NEW YORK (TheStreet) -- Polaris Industries (PII) - Get Report stock is declining by 11.74% to $70.87 on heavy trading volume on Tuesday, after the company reported lower-than-expected 2015 fourth quarter earnings results.
Before the market open on Tuesday, the off-road vehicle manufacturer reported that earnings declined by 16% year-over-year to $1.66 per share, which missed analysts' forecasts for earnings of $1.69 per share.
Revenue declined by 13% year-over-year to $1.1 billion, higher than analysts' estimates for revenue of $1.08 billion.
Unseasonably warm weather caused a decline in off-road vehicle and snowmobile sales, which dropped by 18%, according to Polaris. Additionally, the company faces weak sales in oil markets and in farm economies, the company said in a presentation.
"Our performance failed to meet our earlier projections, as both external and internal challenges restrained growth and profitability," CEO Scott Wine said in a statement. "The strengthening dollar and weakening oil markets combined with an unseasonably warm winter constrained demand for off-road vehicles and snowmobiles, placing pressure on dealer inventory and forcing us to curtail shipments in the fourth quarter."

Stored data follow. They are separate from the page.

-- ===== src/Namespace/Fresh.antt =====
-- Nothing is in new tries, and nothing can be taken out of them.
use dekit.Prelude.{ℕ, ◌≡◌, refl, ap, false, Option, none, List, [], ◌∷◌, option_elim_eq}
use dekit.Prelude.Text.{Text}
use dekit.TaskPath.{TaskPath, components}
use dekit.Prelude.Maps
use dekit.SubTrie
use dekit.SubTrie.{SubTrie, SubMode, exact, subtree}
use dekit.PathTrie
use dekit.PathTrie.{PathTrie, Place, PathConflict}
use dekit.Namespace.{}

-- Nothing is there to take out of new tries.
pub change_empty :
    (ft ff : Option ℕ → Option ℕ) (cs : List Text)
    → ft none ≡ none
    → ff none ≡ none
    → PathTrie.prune_from cs (PathTrie.change cs (PathTrie.edit ft ff) PathTrie.empty_node)
      ≡ PathTrie.empty_node
unfolding PathTrie.get_child PathTrie.change PathTrie.prune_from
change_empty ft ff [] zt zf = rw (zt, zf) refl
change_empty ft ff (c ∷ cs) zt zf = refl

pub remove-new : (p : TaskPath) → (PathTrie.remove PathTrie.new p).1 ≡ PathTrie.new
unfolding PathTrie.remove PathTrie.prune
remove-new p =
    option_elim_eq (λ (r : Option ℕ × PathTrie). r.1 ≡ PathTrie.new)
      (PathTrie.walk_to PathTrie.new p) (λ gone. refl)
      (λ n at.
        ap (λ (m : PathTrie.TrieNode). record { root = m })
          (change_empty PathTrie.no_id PathTrie.same_id (components p) refl refl))

pub remove_folder-new : (p : TaskPath) → (PathTrie.remove_folder PathTrie.new p).1 ≡ PathTrie.new
unfolding PathTrie.remove_folder PathTrie.prune
remove_folder-new p =
    option_elim_eq (λ (r : Option ℕ × PathTrie). r.1 ≡ PathTrie.new)
      (PathTrie.walk_to PathTrie.new p) (λ gone. refl)
      (λ n at.
        ap (λ (m : PathTrie.TrieNode). record { root = m })
          (change_empty PathTrie.same_id PathTrie.no_id (components p) refl refl))

pub prune_empty :
    (cs : List Text) → PathTrie.prune_from cs PathTrie.empty_node ≡ PathTrie.empty_node
unfolding PathTrie.get_child PathTrie.prune_from
prune_empty [] = refl
prune_empty (c ∷ cs) = refl

pub prune-new : (p : TaskPath) → PathTrie.prune PathTrie.new p ≡ PathTrie.new
unfolding PathTrie.prune
prune-new p = ap (λ (m : PathTrie.TrieNode). record { root = m }) (prune_empty (components p))

pub remove_one_empty :
    (cs : List Text) (x : ℕ) (m : SubMode)
    → SubTrie.remove_one cs x m SubTrie.default ≡ SubTrie.default
unfolding SubTrie.get_child SubTrie.remove_one
remove_one_empty [] x exact = refl
remove_one_empty [] x subtree = refl
remove_one_empty (c ∷ cs) x m = refl

pub unsubscribe-new :
    (x : ℕ) (p : TaskPath) (m : SubMode) → SubTrie.unsubscribe SubTrie.new x p m ≡ SubTrie.new
unfolding SubTrie.unsubscribe Maps.lookup
unsubscribe-new x p m =
    ap (λ (n : SubTrie.SubNode). record { root = n; by_subscriber = [] })
      (remove_one_empty (components p) x m)

pub remove_subscriber-new : (x : ℕ) → SubTrie.remove_subscriber SubTrie.new x ≡ SubTrie.new
unfolding SubTrie.remove_subscriber Maps.lookup
remove_subscriber-new x = refl

pub is_subscribed_empty :
    (cs : List Text) (y : ℕ) → SubTrie.is_subscribed_from cs SubTrie.default y ≡ false
unfolding SubTrie.is_subscribed_from SubTrie.get_child
is_subscribed_empty [] y = refl
is_subscribed_empty (c ∷ cs) y = refl
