-- ===== src/TaskPath/Render.antt =====
-- What a task path stands for: a list of components, and the text that it is written as.
use dekit.Prelude.{Bool, true, false, ◌&&◌, ◌≡◌, ◌≢◌, List, [], ◌∷◌, ◌++◌, All}
use dekit.Prelude.Text.{Text, text_eq}
use dekit.TaskPath.{slash, TaskPath, is_valid_component_char}

-- A component: not empty, every character one that `is_valid_component_char` takes.
abbrev pub IsComponent : Text → Type 0
IsComponent c = (c ≢ []) × All (λ x. is_valid_component_char x ≡ true) c

-- The components with `/` between them.
unfoldable pub render : List Text → Text
render [] = []
render (c ∷ []) = c
render (c ∷ d ∷ cs) = c ++ slash ∷ render (d ∷ cs)

abbrev pub path_of : List Text → TaskPath
path_of cs = record { text = render cs }

-- The first list begins the second.
unfoldable pub is_prefix : List Text → List Text → Bool
unfolding text_eq
is_prefix [] cs = true
is_prefix (g ∷ gs) [] = false
is_prefix (g ∷ gs) (c ∷ cs) = text_eq g c && is_prefix gs cs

So far today, 2.62 million shares of Polaris have traded, higher than the company's 30-day average of 1.55 million shares.
Separately, recently, TheStreet Ratings objectively rated this stock according to its "risk-adjusted" total return prospect over a 12-month investment horizon. Not based on the news in any given day, the rating may differ from Jim Cramer's view or that of this articles's author.
TheStreet Ratings rated this stock as a "hold" with a ratings score of C+. The company's strengths can be seen in multiple areas, such as its revenue growth, growth in earnings per share and increase in net income. However, as a counter to these strengths, we also find weaknesses including poor profit margins and a generally disappointing performance in the stock itself.